Der Himmel ist wolkenlos. Eine unglaubliche Aussicht. Hin und wieder tauchen zwischen den dunklen Flächen Lichter auf. Manchmal nur ein Punkt, manchmal ein Band oder ein ganzes Meer - Zeichen einer Siedlung oder einer Stadt. Ich stelle mir vor, dass jedes dieser Lichter für eine Familie oder einen einzelnen Menschen steht, der da sein Leben möglichst sinnvoll gestalten will. Da unten, da tobt die nackte Existenz, da spielen sich in diesem Moment Schicksale, vielleicht sogar Dramen, ab. Mehr, als ein Schriftsteller je beschreiben oder erdenken könnte.

Unter mir wird gerade geliebt und gehasst, gibt es Hunger und Völlerei, Angst und Hoffnung,Verzweiflung und tiefen Frieden. In dieser Nacht schlafen überall in diesen Hütten und Palästen Frauen mit ihren Männern. Einige werden dabei leidenschaftliche Erfüllung erfahren, andere nur ihre Pflicht tun - und einige den HIV-Erreger übertragen bekommen, diese heimtückischste Geißel des schwarzen Erdteils. Die Lebenserwartung in Afrika liegt bei siebenundvierzig Jahren. Ohne Aids wären es zweiundsechzig.
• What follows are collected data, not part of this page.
-- ===== src/Lib.antt =====
-- Refract is a gateway between clients of four LLM protocols and the upstreams that an administrator
-- configures as channels. A request names a model and comes over a protocol. The planner
-- (crates/refract-router/src/plan.rs) turns the channels into a route, a list of candidates in the
-- order in which they are to be tried. The executor (crates/refract-router/src/executor.rs) goes
-- through the route: it puts the candidates whose endpoints are suspended last, takes a key of the
-- channel from the key selector (crates/refract-router/src/keys.rs), calls the upstream within a
-- budget of calls, changes the key when a key fails, and goes to the next candidate when the channel
-- fails. What happens is written to the health repository (crates/refract-store/src/health_repo.rs),
-- whose breaker suspends endpoints. The affinity engine (crates/refract-router/src/affinity.rs) pins a
-- caller to the channel that served it. A stream of an upstream is cut into frames by the parser of
-- crates/refract-protocol/src/stream.rs. The users' money is kept by the wallet repository, and their
-- codes by mail by the verification repository. Before all that the rate limiter (crates/refract-api/src/rate.rs)
-- counts the requests of the client's key, and the registrations of an address.
--
-- Which file models which part:
--   Core/Protocol    crates/refract-core/src/protocol.rs: Protocol, ProtocolSet as a byte of bits
--   Core/Error       crates/refract-core/src/error.rs: ErrorKind, GatewayError
--   Core/Routing     crates/refract-core/src/routing.rs: RoutingPolicy, RankKey, weighted_pick
--   Core/Address     crates/refract-core/src/address.rs: UpstreamAddress; Resolve makes the URL, Paths has
--                    the texts of URLs, also those of protocol.rs
--   Core/Channel     crates/refract-core/src/channel.rs: Config holds the data, Validation the check
--   Router/Plan      crates/refract-router/src/plan.rs: Gather collects, diagnoses and lists, Arrange
--                    orders and pins
--   Router/Keys      crates/refract-router/src/keys.rs: KeySelector, KeyRotator
--   Router/Executor  crates/refract-router/src/executor.rs: prioritize and the helpers; Loop holds
--                    execute_normalized, Streams the opening and the tracking of a stream
--   Store/Health     crates/refract-store/src/health_repo.rs: BreakerPolicy, HealthRepo
--   Store/Wallet     crates/refract-store/src/wallet_repo.rs: WalletRepo; Journal is its specification
--   Store/ApiKeys    crates/refract-store/src/key_repo.rs: ApiKey, ApiKeyRepo; Backup has export and
--                    replace_all, Owners is about the separation of the owners
--   Store/Verification  crates/refract-store/src/verification_repo.rs: VerificationRepo; Slots is its
--                    specification
--   Core/Affinity    crates/refract-core/src/affinity.rs: AffinitySettings and their check
--   Router/Affinity  crates/refract-router/src/affinity.rs: AffinityEngine; Match finds a request's key,
--                    Cache holds the bindings
--   Codec/Sse        crates/refract-protocol/src/stream.rs: SseFrame, SseParser
--   Codec/Aggregate  the same file: StreamEvent, StreamAggregator
--   Codec/Messages   crates/refract-protocol/src/codec/messages.rs: MessagesStreamEncoder and
--                    MessagesStreamDecoder; Client is what a client accepts
--   Codec/Json       the JSON values of the codecs
--   Codec/Usage      crates/refract-protocol/src/ir.rs: Usage
--   Api/Rate         crates/refract-api/src/rate.rs: RateLimiter, IpRateLimiter; Register has AuthRateLimiter,
--                    whose instants are numbers of nanoseconds, and TtlCache the cache of that name
--   Base             lists, maps, sorting, results and texts that the parts share
--   Examples         concrete data, and the theorems applied to it
-- The modules below those of a part hold its theorems and are named for what they prove.
--
-- How the code corresponds to the model: a method that changes its object takes and returns the
-- object's record; a `HashMap` is an association list; `Result` and `Option` are values; a panic of an
-- index out of range is `none`. Numbers are unbounded where the code cannot reach their bound, and
-- keep the wrap or the saturation of the code elsewhere. The random source is a function that the
-- operations take; the clock's readings are numbers of seconds that they take. The executor's codecs,
-- HTTP client, clock and error texts are the record `Services`. The loop of the executor also carries a log
-- of the calls it sends, which is no state of the code and which nothing in it reads.
--
-- Fuel: the loops of the planner take the number of candidates as their bound. The rounds of
-- a candidate take fuel that its keys and its retries of empty replies bound. The parser's loop takes
-- the length of its buffer, since each line takes a byte at least.
--
-- Not modelled: the JSON codecs but the streams of Messages (crates/refract-protocol/src/codec), the HTTP client
-- (crates/refract-upstream), the handlers (crates/refract-api but rate.rs), the other repositories
-- (crates/refract-store), the byte-exact and the streaming executions, the router's events, and the
-- web console: they are I/O or translate data whose shape the parts above do not look at.
mod Base
pub mod Core
pub mod Router
pub mod Store
pub mod Api
pub mod Codec
mod Examples
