-- ===== src/Api.antt =====
-- The request side of the gateway (crates/refract-api/src).
pub mod Rate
Vom nördlichsten Punkt des Kontinents, dem Cape Blanc in Tunesien, bis zum Cape Agulhas in Südafrika sind es knapp achttausend Kilometer - eine Strecke, die ich mit der Boing 747 in knapp zehn Stunden hinter mich bringe. In dieser Zeit schaue ich sprachlos hinunter und frage mich, wie jemand ernsthaft eine Hollywood-Komödie im Bordprogramm anschauen kann, wenn unter uns all diese viel aufregenderen Geschichten zu erahnen sind.
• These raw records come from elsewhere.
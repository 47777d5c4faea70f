-- ===== src/Base/Lists.antt =====
-- Lists measured and indexed by native numbers, under the library's names.
use Prim.Native.Nat.{ℕ, zero, suc, ◌+◌, ◌-◌, ◌≤◌, min}
use mathlib.Core.Path.{◌≡◌, refl, ap, sym, subst}
use mathlib.Core.HLevel.{×_prop, Unit-prop}
use mathlib.Core.Logic.{∥∥₁_elim}
use mathlib.Core.List.Perm
use mathlib.Core.List.{List, [], ◌∷◌, ◌++◌, Memᴰ, Mem, Perm, mem-cons_self, mem-cons_of_mem}
use mathlib.Core.Bool.{Bool, true, false, ◌||◌, ◌&&◌}
use mathlib.Core.Option.{Option, none, some}
use native.Mathlib.Omega.{arith}
use refract.Base.Tests.{if◌then◌else◌}

module _ {ℓ} {A : Type ℓ} where
  abbrev pub length : List A → ℕ
  length [] = 0
  length (x ∷ xs) = suc (length xs)

  abbrev pub get_elem? : List A → ℕ → Option A
  get_elem? [] i = none
  get_elem? (x ∷ xs) zero = some x
  get_elem? (x ∷ xs) (suc i) = get_elem? xs i

  abbrev pub take : ℕ → List A → List A
  take zero xs = []
  take (suc n) [] = []
  take (suc n) (x ∷ xs) = x ∷ take n xs

  abbrev pub drop : ℕ → List A → List A
  drop zero xs = xs
  drop (suc n) [] = []
  drop (suc n) (x ∷ xs) = drop n xs

  abbrev pub is_empty : List A → Bool
  is_empty [] = true
  is_empty (x ∷ xs) = false

  -- `Iterator::any` and `Iterator::all`.
  unfoldable pub any : (A → Bool) → List A → Bool
  any p [] = false
  any p (x ∷ xs) = p x || any p xs

  unfoldable pub all : (A → Bool) → List A → Bool
  all p [] = true
  all p (x ∷ xs) = p x && all p xs

  -- `Iterator::filter` and `Vec::retain`, by a Boolean test.
  unfoldable pub retain : (A → Bool) → List A → List A
  retain p [] = []
  retain p (x ∷ xs) = let rest = retain p xs in if p x then x ∷ rest else rest

  -- A predicate by recursion computes to tuples.
  abbrev pub All {κ} : (A → Type κ) → List A → Type κ
  All P [] = Unit
  All P (x ∷ xs) = P x × All P xs

module _ {ℓ} {A : Type ℓ} where
  pub length-append : (xs ys : List A) → length (xs ++ ys) ≡ length xs + length ys
  length-append [] ys = omega arith
  length-append (x ∷ xs) ys = omega (arith, length-append xs ys)

  pub take-append-drop : (n : ℕ) (xs : List A) → take n xs ++ drop n xs ≡ xs
  take-append-drop zero xs = refl
  take-append-drop (suc n) [] = refl
  take-append-drop (suc n) (x ∷ xs) = ap (◌∷◌ x) (take-append-drop n xs)

  pub length-take : (n : ℕ) (xs : List A) → length (take n xs) ≡ min n (length xs)
  length-take zero xs = omega arith
  length-take (suc n) [] = omega arith
  length-take (suc n) (x ∷ xs) = omega (arith, length-take n xs)

  pub length-drop : (n : ℕ) (xs : List A) → length (drop n xs) ≡ length xs - n
  length-drop zero xs = omega arith
  length-drop (suc n) [] = omega arith
  length-drop (suc n) (x ∷ xs) = omega (arith, length-drop n xs)

  pub length-retain-le : (p : A → Bool) (xs : List A) → length (retain p xs) ≤ length xs
  unfolding retain
  length-retain-le p [] = omega arith
  length-retain-le p (x ∷ xs) = ground (arith, length-retain-le p xs)

  pub All-append {κ} :
      (P : A → Type κ) (front more : List A) → All P front → All P more → All P (front ++ more)
  All-append P [] more left right = right
  All-append P (x ∷ front) more left right = (left.0, All-append P front more left.1 right)

  pub All-mono {κ μ} :
      (P : A → Type κ) (Q : A → Type μ) (f : (x : A) → P x → Q x) (xs : List A)
      → All P xs
      → All Q xs
  All-mono P Q f [] h = tt
  All-mono P Q f (x ∷ xs) h = (f x h.0, All-mono P Q f xs h.1)

  pub All-take {κ} : (P : A → Type κ) (n : ℕ) (xs : List A) → All P xs → All P (take n xs)
  All-take P zero xs h = tt
  All-take P (suc n) [] h = tt
  All-take P (suc n) (x ∷ xs) h = (h.0, All-take P n xs h.1)

  pub All-drop {κ} : (P : A → Type κ) (n : ℕ) (xs : List A) → All P xs → All P (drop n xs)
  All-drop P zero xs h = h
  All-drop P (suc n) [] h = tt
  All-drop P (suc n) (x ∷ xs) h = All-drop P n xs h.1

  pub All-Memᴰ {κ} : (P : A → Type κ) (xs : List A) (a : A) → All P xs → Memᴰ a xs → P a
  All-Memᴰ P [] a h m = elim m [ ]
  All-Memᴰ P (x ∷ xs) a h (Memᴰ.head e) = subst P (sym e) h.0
  All-Memᴰ P (x ∷ xs) a h (Memᴰ.tail m) = All-Memᴰ P xs a h.1 m

  pub All-of_Memᴰ {κ} : (P : A → Type κ) (xs : List A) → ((a : A) → Memᴰ a xs → P a) → All P xs
  All-of_Memᴰ P [] f = tt
  All-of_Memᴰ P (x ∷ xs) f = (f x (Memᴰ.head refl), All-of_Memᴰ P xs (λ a m. f a (Memᴰ.tail m)))

module _ {ℓ} {A : Type ℓ} where
  All-of_Mem {κ} : (P : A → Type κ) (xs : List A) → ((a : A) → Mem a xs → P a) → All P xs
  All-of_Mem P [] f = tt
  All-of_Mem P (x ∷ xs) f = (f x mem-cons_self, All-of_Mem P xs (λ a m. f a (mem-cons_of_mem x m)))

  Mem-of_All {κ} :
      (P : A → Type κ)
      → ((a : A) → IsProp (P a))
      → (xs : List A) → All P xs
      → (a : A) → Mem a xs
      → P a
  Mem-of_All P prop xs h a m = ∥∥₁_elim m (prop a) (λ n. All-Memᴰ P xs a h n)

  -- A rearrangement keeps what holds of all items.
  pub All-perm {κ} :
      (P : A → Type κ)
      → ((a : A) → IsProp (P a))
      → {xs ys : List A} → Perm xs ys
      → All P xs
      → All P ys
  All-perm P prop {xs} {ys} p h =
      All-of_Mem P ys (λ a m. Mem-of_All P prop xs h a (Perm.subset (Perm.symm p) a m))

  pub All-prop {κ} : (P : A → Type κ) → ((a : A) → IsProp (P a)) → (xs : List A) → IsProp (All P xs)
  All-prop P prop [] = Unit-prop
  All-prop P prop (x ∷ xs) = ×_prop (prop x) (All-prop P prop xs)

  pub All-True {κ} : (P : A → Type κ) → ((a : A) → P a) → (xs : List A) → All P xs
  All-True P f [] = tt
  All-True P f (x ∷ xs) = (f x, All-True P f xs)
Gegen 6.00 Uhr werde ich dann doch müde. Und fange an zu grübeln.Warum sitze ich hier eigentlich? Ich liebe Afrika. Ja.Aber ist Hannibals Vorhaben nicht einfach ein Irrsinn? Worauf lasse ich mich da ein? Die Strecke, die ich gerade in einer Nacht hinter mich bringe, soll ich ernsthaft auf dem Rücken eines Elefanten zurücklegen - über Monate?
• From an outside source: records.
-- ===== src/Base/Maps.antt =====
-- `HashMap` as an association list under a Boolean equality of keys.
use text.Mathlib.Text.{◌==◌ as str_eq}
use text.Mathlib.TextEquality.{eq_iff}
use refract.Base.Tests.{if◌then◌else◌, ◌==◌ as nat_beq, ==_iff}
use refract.Base.Lists.{length}
use Prim.Native.Nat.{ℕ, ◌+◌, ◌≤◌}
use Prim.Native.String.{String}
use mathlib.Core.Path.{◌≡◌, refl}
use mathlib.Core.Logic.{◌↔◌}
use mathlib.Core.Bool.{Bool, true, ◌&&◌}
use mathlib.Core.Option.{Option, none, some}
use mathlib.Core.List.{List, [], ◌∷◌}
use native.Mathlib.Omega.{arith}

-- A type whose equality is a Boolean test.
pub record Eq {ℓ} (A : Type ℓ) : Type ℓ where
  pub beq : A → A → Bool
  pub beq_iff : (a b : A) → (beq a b ≡ true) ↔ (a ≡ b)

instance abbrev pub nat_eq : Eq ℕ
nat_eq = record { beq = nat_beq; beq_iff = ==_iff }

instance abbrev pub string_eq : Eq String
string_eq = record { beq = str_eq; beq_iff = eq_iff }

pub pair_beq_iff {ℓ κ} :
    {A : Type ℓ} {B : Type κ} ⦃a : Eq A⦄ ⦃b : Eq B⦄ (x y : A × B)
    → ((a.beq x.0 y.0 && b.beq x.1 y.1) ≡ true) ↔ (x ≡ y)
pair_beq_iff ⦃a⦄ ⦃b⦄ x y = ground (arith, a.beq_iff x.0 y.0, b.beq_iff x.1 y.1)

-- A pair as a key.
instance abbrev pub pair_eq {ℓ κ} : {A : Type ℓ} {B : Type κ} ⦃a : Eq A⦄ ⦃b : Eq B⦄ → Eq (A × B)
pair_eq ⦃a⦄ ⦃b⦄ = record { beq = λ x y. a.beq x.0 y.0 && b.beq x.1 y.1; beq_iff = pair_beq_iff }

pub beq_refl {ℓ} : {K : Type ℓ} ⦃e : Eq K⦄ (k : K) → e.beq k k ≡ true
beq_refl ⦃e⦄ k = (e.beq_iff k k).1 refl

module _ {ℓ κ} {K : Type ℓ} {V : Type κ} ⦃e : Eq K⦄ where
  unfoldable pub lookup : K → List (K × V) → Option V
  lookup k [] = none
  lookup k ((j, v) ∷ m) = if e.beq j k then some v else lookup k m

  unfoldable pub put : K → V → List (K × V) → List (K × V)
  put k v [] = (k, v) ∷ []
  put k v ((j, w) ∷ m) = if e.beq j k then (k, v) ∷ m else (j, w) ∷ put k v m

  unfoldable pub delete : K → List (K × V) → List (K × V)
  delete k [] = []
  delete k ((j, w) ∷ m) = let rest = delete k m in if e.beq j k then rest else (j, w) ∷ rest

  -- `HashMap::retain`.
  unfoldable pub retain_entries : (K → V → Bool) → List (K × V) → List (K × V)
  retain_entries p [] = []
  retain_entries p ((j, w) ∷ m) =
      let rest = retain_entries p m in if p j w then (j, w) ∷ rest else rest

  pub lookup-put :
      (k j : K) (v : V) (m : List (K × V))
      → lookup j (put k v m) ≡ (if e.beq k j then some v else lookup j m)
  unfolding lookup put
  lookup-put k j v [] = refl
  lookup-put k j v ((i, w) ∷ m) =
      ground (arith, e.beq_iff k j, e.beq_iff i k, e.beq_iff i j, lookup-put k j v m)

  pub lookup-delete :
      (k j : K) (m : List (K × V))
      → lookup j (delete k m) ≡ (if e.beq k j then none else lookup j m)
  unfolding lookup delete
  lookup-delete k j [] = ground arith
  lookup-delete k j ((i, w) ∷ m) =
      ground (arith, e.beq_iff k j, e.beq_iff i k, e.beq_iff i j, lookup-delete k j m)

  pub length-put-le : (k : K) (v : V) (m : List (K × V)) → length (put k v m) ≤ length m + 1
  unfolding put
  length-put-le k v [] = omega arith
  length-put-le k v ((j, w) ∷ m) = ground (arith, length-put-le k v m)

  -- An entry whose key and value pass the test is found as before.
  pub lookup-retain_entries_keep :
      (p : K → V → Bool) (k : K) (v : V) (m : List (K × V))
      → p k v ≡ true
      → lookup k m ≡ some v
      → lookup k (retain_entries p m) ≡ some v
  unfolding lookup retain_entries
  lookup-retain_entries_keep p k v [] t h = cc
  lookup-retain_entries_keep p k v ((j, w) ∷ m) t h =
      ground (arith, e.beq_iff j k, lookup-retain_entries_keep p k v m t)

  pub length-retain_entries-le :
      (p : K → V → Bool) (m : List (K × V)) → length (retain_entries p m) ≤ length m
  unfolding retain_entries
  length-retain_entries-le p [] = omega arith
  length-retain_entries-le p ((j, w) ∷ m) = ground (arith, length-retain_entries-le p m)
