-- ===== src/Api/Rate.antt =====
-- The rate limits by key and by address (crates/refract-api/src/rate.rs). The clock is an argument.
pub mod Windows
pub mod Limit
pub mod Register
pub mod TtlCache
use refract.Base.{
  ℕ, ◌+◌, ◌-◌, ◌/◌, ◌%◌, ◌^◌, min, Bool, true, false, not, ◌&&◌, List, [], ◌∷◌, Option, none, some,
  ltb, leb, ◌==◌, if◌then◌else◌, length, Result, ok, err, ℤ, pos_part,
}
use refract.Base.Maps.{Eq, lookup, put, retain_entries}

pub record Window : Type 0 where
  pub minute : ℕ
  pub requests : ℕ
  pub tokens : ℕ

pub data RateDimension : Type 0 where
  of_requests of_tokens : RateDimension

pub record RateExceeded : Type 0 where
  pub dimension : RateDimension
  pub retry_after_secs : ℕ

abbrev pub global_window_key : ℕ
global_window_key = 0

abbrev pub max_windows : ℕ
max_windows = 10000

abbrev pub u64_max : ℕ
u64_max = 2 ^ 64 - 1

-- A limit that is not positive is none.
abbrev pub is_limit : ℤ → Bool
is_limit n = ltb 0 (pos_part n)

abbrev pub exceeded : RateDimension → ℕ → RateExceeded
exceeded d now = record { dimension = d; retry_after_secs = 60 - now % 60 }

-- The check of a window and the count of the request.
unfoldable pub admit_window : Window → ℤ → ℤ → ℕ → Result {0, 0} Unit RateExceeded × Window
admit_window w rpm tpm now =
    if is_limit rpm && leb (pos_part rpm) w.requests
    then (err (exceeded of_requests now), w)
    else if is_limit tpm && leb (pos_part tpm) w.tokens
    then (err (exceeded of_tokens now), w)
    else (ok tt, record w { requests = (w.requests + 1) % 2 ^ 64 })

-- The window of a key for a minute: a new one if there is none or if it is of another minute.
unfoldable pub open_window : Option Window → ℕ → Window
open_window none minute = record { minute = minute; requests = 0; tokens = 0 }
open_window (some w) minute =
    if w.minute == minute then w else record { minute = minute; requests = 0; tokens = 0 }

module _ {ℓ} {K : Type ℓ} ⦃e : Eq K⦄ where
  unfoldable pub prune_stale_windows : List (K × Window) → ℕ → List (K × Window)
  prune_stale_windows ws minute =
      if ltb max_windows (length ws) then retain_entries (λ k w. w.minute == minute) ws else ws

  -- `RateLimiter::admit_at`.
  unfoldable pub admit_at :
      List (K × Window) → K → ℤ → ℤ → ℕ → Result {0, 0} Unit RateExceeded × List (K × Window)
  unfolding prune_stale_windows open_window admit_window
  admit_at ws k rpm tpm now =
      let kept = prune_stale_windows ws (now / 60) in
      let (verdict, w) = admit_window (open_window (lookup k kept) (now / 60)) rpm tpm now in
      (verdict, put k w kept)

  -- `RateLimiter::admit`.
  unfoldable pub admit :
      List (K × Window) → K → ℤ → ℤ → ℕ → Result {0, 0} Unit RateExceeded × List (K × Window)
  unfolding admit_at
  admit ws k rpm tpm now =
      if not (is_limit rpm) && not (is_limit tpm) then (ok tt, ws) else admit_at ws k rpm tpm now

  unfoldable pub add_tokens_at : List (K × Window) → K → ℕ → ℕ → List (K × Window)
  unfolding prune_stale_windows open_window
  add_tokens_at ws k tokens now =
      let kept = prune_stale_windows ws (now / 60) in
      let w = open_window (lookup k kept) (now / 60) in
      put k (record w { tokens = min (w.tokens + tokens) u64_max }) kept

  -- `RateLimiter::add_tokens`.
  unfoldable pub add_tokens : List (K × Window) → K → ℕ → ℕ → List (K × Window)
  unfolding add_tokens_at
  add_tokens ws k tokens now = if tokens == 0 then ws else add_tokens_at ws k tokens now

-- The window of an address.
pub record IpWindow : Type 0 where
  pub minute : ℕ
  pub requests : ℕ

unfoldable pub open_ip_window : Option IpWindow → ℕ → IpWindow
open_ip_window none minute = record { minute = minute; requests = 0 }
open_ip_window (some w) minute =
    if w.minute == minute then w else record { minute = minute; requests = 0 }

unfoldable pub admit_ip_window : IpWindow → ℕ → ℕ → Result {0, 0} Unit RateExceeded × IpWindow
admit_ip_window w rpm now =
    if leb rpm w.requests
    then (err (exceeded of_requests now), w)
    else (ok tt, record w { requests = (w.requests + 1) % 2 ^ 64 })

module _ {ℓ} {K : Type ℓ} ⦃e : Eq K⦄ where
  prune_ip : List (K × IpWindow) → ℕ → List (K × IpWindow)
  prune_ip ws minute =
      if ltb 10000 (length ws) then retain_entries (λ k w. w.minute == minute) ws else ws

  -- `IpRateLimiter::admit`.
  unfoldable pub admit_ip :
      List (K × IpWindow) → K → ℕ → ℕ → Result {0, 0} Unit RateExceeded × List (K × IpWindow)
  unfolding prune_ip open_ip_window admit_ip_window
  admit_ip ws ip rpm now =
      if rpm == 0
      then (ok tt, ws)
      else let kept = prune_ip ws (now / 60) in
        let (verdict, w) = admit_ip_window (open_ip_window (lookup ip kept) (now / 60)) rpm now in
        (verdict, put ip w kept)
Zwei Wochen zuvor hatte mich der Abenteurer nachts aus dem Bett geklingelt. Gegen 2.00 Uhr morgens.

24. Juli 2005

»Hallo, hier ist Hannibal.Wie geht es dir?«

Ich war ganz sicher, dass wir uns im Opel-Zoo nicht geduzt hat-ten, aber er sprach mich so selbstverständlich mit ›Du‹ an, dass ich einfach darauf einging.

»Hannibal?«

»Ja, Fabian, der mit den Elefanten. Du wirst dich doch an mich erinnern, oder?«

Ich stotterte ein wenig: »Klar. Der Reiher mit den roten Füßen. Die Träume. Die weißen Löwen.«

»Genau. Jetzt ist es so weit. Du kannst kommen.«

»Kommen? Wohin?«

Das kräftige Lachen aus dem Telefonhörer weckte mich endgültig auf. »Na, nach Südafrika. Ich rufe gerade aus Pretoria an.«

»Aus Pretoria?«

»Ja. Die Träume wollten nicht aufhören, da bin ich hierhergeflogen. Und habe tatsächlich Bongani gefunden.War nicht ganz einfach. Aber das erzähle ich dir, wenn du da bist. Jetzt habe ich hier ein halbes Jahr mit den Behörden rumgezackert - und heute konnte ich die offizielle Genehmigung abholen. Stell dir vor: Ich darf hundert Elefanten aus dem Krügerpark aussiedeln und nach Deutschland bringen. Irre, oder?«

Ich war noch völlig verschlafen. »Ja, klingt super. Und warum rufst du mich jetzt genau an?«

Man mag über Hannibal Mayer denken, was man will, aber seine sonore, fröhliche Stimme war zu allen Zeiten unglaublich motivierend. »Fabian, du wolltest doch Pressearbeit für unsere Afrika-Tour machen. Hier wirst du gebraucht. Das hier ist ein Job, der nur auf dich gewartet hat. Und ich weiß ja, dass du in Frankfurt zurzeit ohnehin nicht besonders glücklich bist.«

Ich schluckte nur, sagte aber nichts. Er konnte nicht wissen, wie es um mich stand - dass ich aus meiner Krise, die sich immer mehr als handfeste Midlife-Crisis entpuppte, nicht herausgekommen war. Dass sich eine kurze neue Beziehung zu einem echten Desaster entwickelte, weil die Frau mich nur benutzte, um ihrem zunehmend desinteressierten Ehemann eins auszuwischen. Und dass ich im Augenblick von kleinen Aufträgen und unbefriedi genden Schreibjobs lebte.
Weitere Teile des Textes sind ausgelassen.